WVJP-FM

Caguas, Puerto Rico; Puerto Rico;
- Broadcast area: Puerto Rico
- Frequency: 103.3 MHz
- Branding: Dimension 103

Programming
- Format: Spanish Variety

Ownership
- Owner: Borinquen Broadcasting Company; (Borinquen Broadcasting Co., Inc.);
- Sister stations: WVJP, WDIN

History
- First air date: October 1968 (57 years ago)
- Call sign meaning: Virella Jimenez Pereira

Technical information
- Licensing authority: FCC
- Facility ID: 6441
- Class: B
- ERP: 31,000 watts
- HAAT: 898.0 meters (2,946.2 ft)
- Transmitter coordinates: 18°16′41″N 65°51′58″W﻿ / ﻿18.27806°N 65.86611°W

Links
- Public license information: Public file; LMS;
- Website: dimension103fm.com

= WVJP-FM =

Radio station in Caguas, Puerto Rico

WVJP-FM (103.3 MHz), branded on-air as Dimension 103, is a radio station broadcasting a Spanish Variety format. The music genres included in the station's programming are "merengue", "salsa", "bachata", "reggaeton", "English-pop", "pop-rock" and "balada-pop".
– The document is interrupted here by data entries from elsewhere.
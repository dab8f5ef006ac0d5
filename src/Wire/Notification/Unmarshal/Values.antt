-- ===== src/Wire/Notification/Unmarshal/Values.antt =====
-- NotificationReadObject on a value that is not an array, as NotificationWriteObject writes it.
use haze.Base.{
  ℕ, zero, suc, ◌≡◌, refl, sym, subst, ◌∙◌, ◌++◌, ℤ, pos, negsuc, Option, none, some, List, [], ◌∷◌,
  true, false, length, IsText, arith, take,
}
use haze.Memory.{M, alloc, alloc-IsAmple}
use haze.Object
use haze.Object.{
  Value, Object, ObjectArray, Slots, und, nil, bool, int, uint, float, double, str, bin, array,
  object, end, slot, hole,
}
use haze.Object.Copy.Content.{canonical, canonical_bytes}
use haze.Wire.Mpack.{Tag, Reader, Reads, int_tag}
use haze.Wire.Request.Unmarshal.Steps.{Makes}
use haze.Wire.Request.Unmarshal.Back.{create_int-Makes, create_uint-Makes}
use haze.Wire.Notification.Encoding.{data_sent}
use haze.Wire.Notification.Expect.{Expect}
use haze.Wire.Cursor.{Cursor, ◌>>=◌, mem, call}
use haze.Wire.Notification.Unmarshal.{
  read_object, read_tagged, read_str, read_bin, has_zero, failed, around, text_object, text_body,
  bin_body, bytes_read,
}
use haze.Wire.Notification.Unmarshal.Laws.{Expects, restored_int}
use haze.Wire.Cursor.Steps.{Gives, At, Came, made-Gives}

text_no_zero : (s : List ℕ) → IsText s → has_zero s ≡ false
unfolding has_zero
text_no_zero [] h = refl
text_no_zero (c ∷ s) (p, h) = ground (arith, text_no_zero s h)

module _ {R : Type 0} (rd : Reader R) (ex : Expect R) (enc : Tag → List ℕ) (law : Reads rd enc)
    (expects : Expects law ex) where
  pub peek-Gives :
      (fuel : ℕ) (o : Object) (t : Tag) (bytes rest : List ℕ) (c : Cursor R)
      → ((c' : Cursor R)
          → At rd enc law c' (enc t ++ bytes)
          → Gives (read_tagged rd ex (read_object rd ex fuel) t c') (Came rd enc law o rest))
      → At rd enc law c (enc t ++ bytes)
      → Gives (read_object rd ex (suc fuel) c) (Came rd enc law o rest)
  unfolding read_object
  peek-Gives fuel o t bytes rest c k (i, a) =
      let (tag, left) = expects.peek_there c.reader t bytes i in
      let c' : Cursor R = record c { reader = (ex.peek_tag c.reader).1 } in
      subst (λ u. Gives (read_tagged rd ex (read_object rd ex fuel) u c') (Came rd enc law o rest))
        (sym tag) (k c' (left, a))

  -- An expected value, of which an object is made.
  pub value-Gives {ℓ} :
      {A : Type ℓ} (expect : R → A × R) (make : A → M (Option Object)) (x : A) (o : Object)
      (bytes rest : List ℕ) (c : Cursor R)
      → (law.input c.reader ≡ some bytes
          → ((expect c.reader).0 ≡ x) × (law.input (expect c.reader).1 ≡ some rest))
      → Makes rd enc law (make x) o
      → At rd enc law c bytes
      → Gives ((call expect >>= λ y. mem (make y)) c) (Came rd enc law o rest)
  value-Gives expect make x o bytes rest c e k (i, a) =
      let (got, left) = e i in
      let c' : Cursor R = record c { reader = (expect c.reader).1 } in
      subst (λ y. Gives (mem (make y) c') (Came rd enc law o rest)) (sym got)
        (made-Gives rd enc law (make x) o rest c' k (left, a))

  pub int-Gives :
      (fuel : ℕ) (z : ℤ) (rest : List ℕ) (c : Cursor R)
      → At rd enc law c (enc (int_tag z) ++ rest)
      → Gives (read_object rd ex (suc fuel) c) (Came rd enc law (restored_int z) rest)
  unfolding read_tagged
  int-Gives fuel (pos n) rest c = peek-Gives fuel (object (uint n) 8) (Tag.uint n) rest rest c λ c'.
      value-Gives ex.expect_uint Object.create_uint n (object (uint n) 8) _ rest c'
        (expects.uint_there c'.reader n rest) (create_uint-Makes rd enc law n)
  int-Gives fuel (negsuc n) rest c =
      peek-Gives fuel (object (int (negsuc n)) 8) (Tag.int (negsuc n)) rest rest c λ c'.
        value-Gives ex.expect_int Object.create_int (negsuc n) (object (int (negsuc n)) 8) _ rest c'
          (expects.int_there c'.reader (negsuc n) rest) (create_int-Makes rd enc law (negsuc n))

  pub str-Gives :
      (s rest : List ℕ) (c : Cursor R)
      → IsText s
      → At rd enc law c (enc (Tag.str (length s)) ++ (s ++ rest))
      → Gives (read_str rd ex c) (Came rd enc law (object (str (some s)) (length s)) rest)
  unfolding read_str text_body text_object around failed
  str-Gives s rest c clean (i, a) =
      let (len, left) = expects.str_there c.reader (length s) (s ++ rest) i in
      let r = (ex.expect_str c.reader).1 in
      let (given, ample) = alloc-IsAmple c.heap a in
      let (got, left') = law.bytes_there r s rest left in
      let r' = (rd.read_bytes (length s) r).1 in
      let (given', ample') = alloc-IsAmple (alloc c.heap).1 ample in
      let behind = law.input_done_str r' ∙ left' in
      rw
        (
          len,
          law.failed_not r _ left,
          given,
          got,
          law.failed_not (rd.done_str r') rest behind,
          text_no_zero s clean,
          given',
        )
        (refl, (behind, ample'))

  bin_body-Gives :
      (bytes : Option (List ℕ)) (n : ℕ) (rest : List ℕ) (c : Cursor R)
      → length (data_sent bytes n) ≡ n
      → At rd enc law c (data_sent bytes n ++ rest)
      → Gives
          (bin_body rd ex n true c)
          (Came rd enc law (object (bin (some (canonical_bytes bytes n))) n) rest)
  unfolding bin_body bytes_read around failed canonical
  bin_body-Gives none zero rest c sized (i, a) =
      let (given, ample) = alloc-IsAmple c.heap a in
      let behind = law.input_done_bin c.reader ∙ i in
      rw (law.failed_not (rd.done_bin c.reader) rest behind, given) (refl, (behind, ample))
  bin_body-Gives (some s) zero rest c sized (i, a) =
      let (given, ample) = alloc-IsAmple c.heap a in
      let behind = law.input_done_bin c.reader ∙ i in
      rw (law.failed_not (rd.done_bin c.reader) rest behind, given) (refl, (behind, ample))
  bin_body-Gives none (suc n) rest c sized (i, a) = absurd (omega (arith, sized))
  bin_body-Gives (some s) (suc n) rest c sized (i, a) =
      let (given, ample) = alloc-IsAmple c.heap a in
      let (got, left) =
        subst
          (λ k.
            ((rd.read_bytes k c.reader).0 ≡ take (suc n) s)
            × (law.input (rd.read_bytes k c.reader).1 ≡ some rest))
          sized (law.bytes_there c.reader (take (suc n) s) rest i) in
      let r' = (rd.read_bytes (suc n) c.reader).1 in
      let behind = law.input_done_bin r' ∙ left in
      rw (got, law.failed_not (rd.done_bin r') rest behind, given) (refl, (behind, ample))

  pub bin-Gives :
      (bytes : Option (List ℕ)) (n : ℕ) (rest : List ℕ) (c : Cursor R)
      → length (data_sent bytes n) ≡ n
      → At rd enc law c (enc (Tag.bin (length (data_sent bytes n))) ++ (data_sent bytes n ++ rest))
      → Gives
          (read_bin rd ex c)
          (Came rd enc law (object (bin (some (canonical_bytes bytes n))) n) rest)
  unfolding read_bin bin_body bytes_read around failed
  bin-Gives bytes n rest c sized (i, a) =
      let (len, left) =
        expects.bin_there c.reader (length (data_sent bytes n)) (data_sent bytes n ++ rest) i in
      let r = (ex.expect_bin c.reader).1 in
      let (given, ample) = alloc-IsAmple c.heap a in
      rw (len, sized, law.failed_not r _ left, given)
        (bin_body-Gives bytes n rest (record { reader = r; heap = (alloc c.heap).1 }) sized
          (left, ample))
WVJP is the primary station of Dimension 103, a network that includes WVJP-AM 1110 and WDIN/102.9 FM, covering the western and northern area of Puerto Rico.

Licensed to Caguas, Puerto Rico, United States, it serves the Puerto Rico area. The station is currently owned by Borinquen Broadcasting Co., Inc.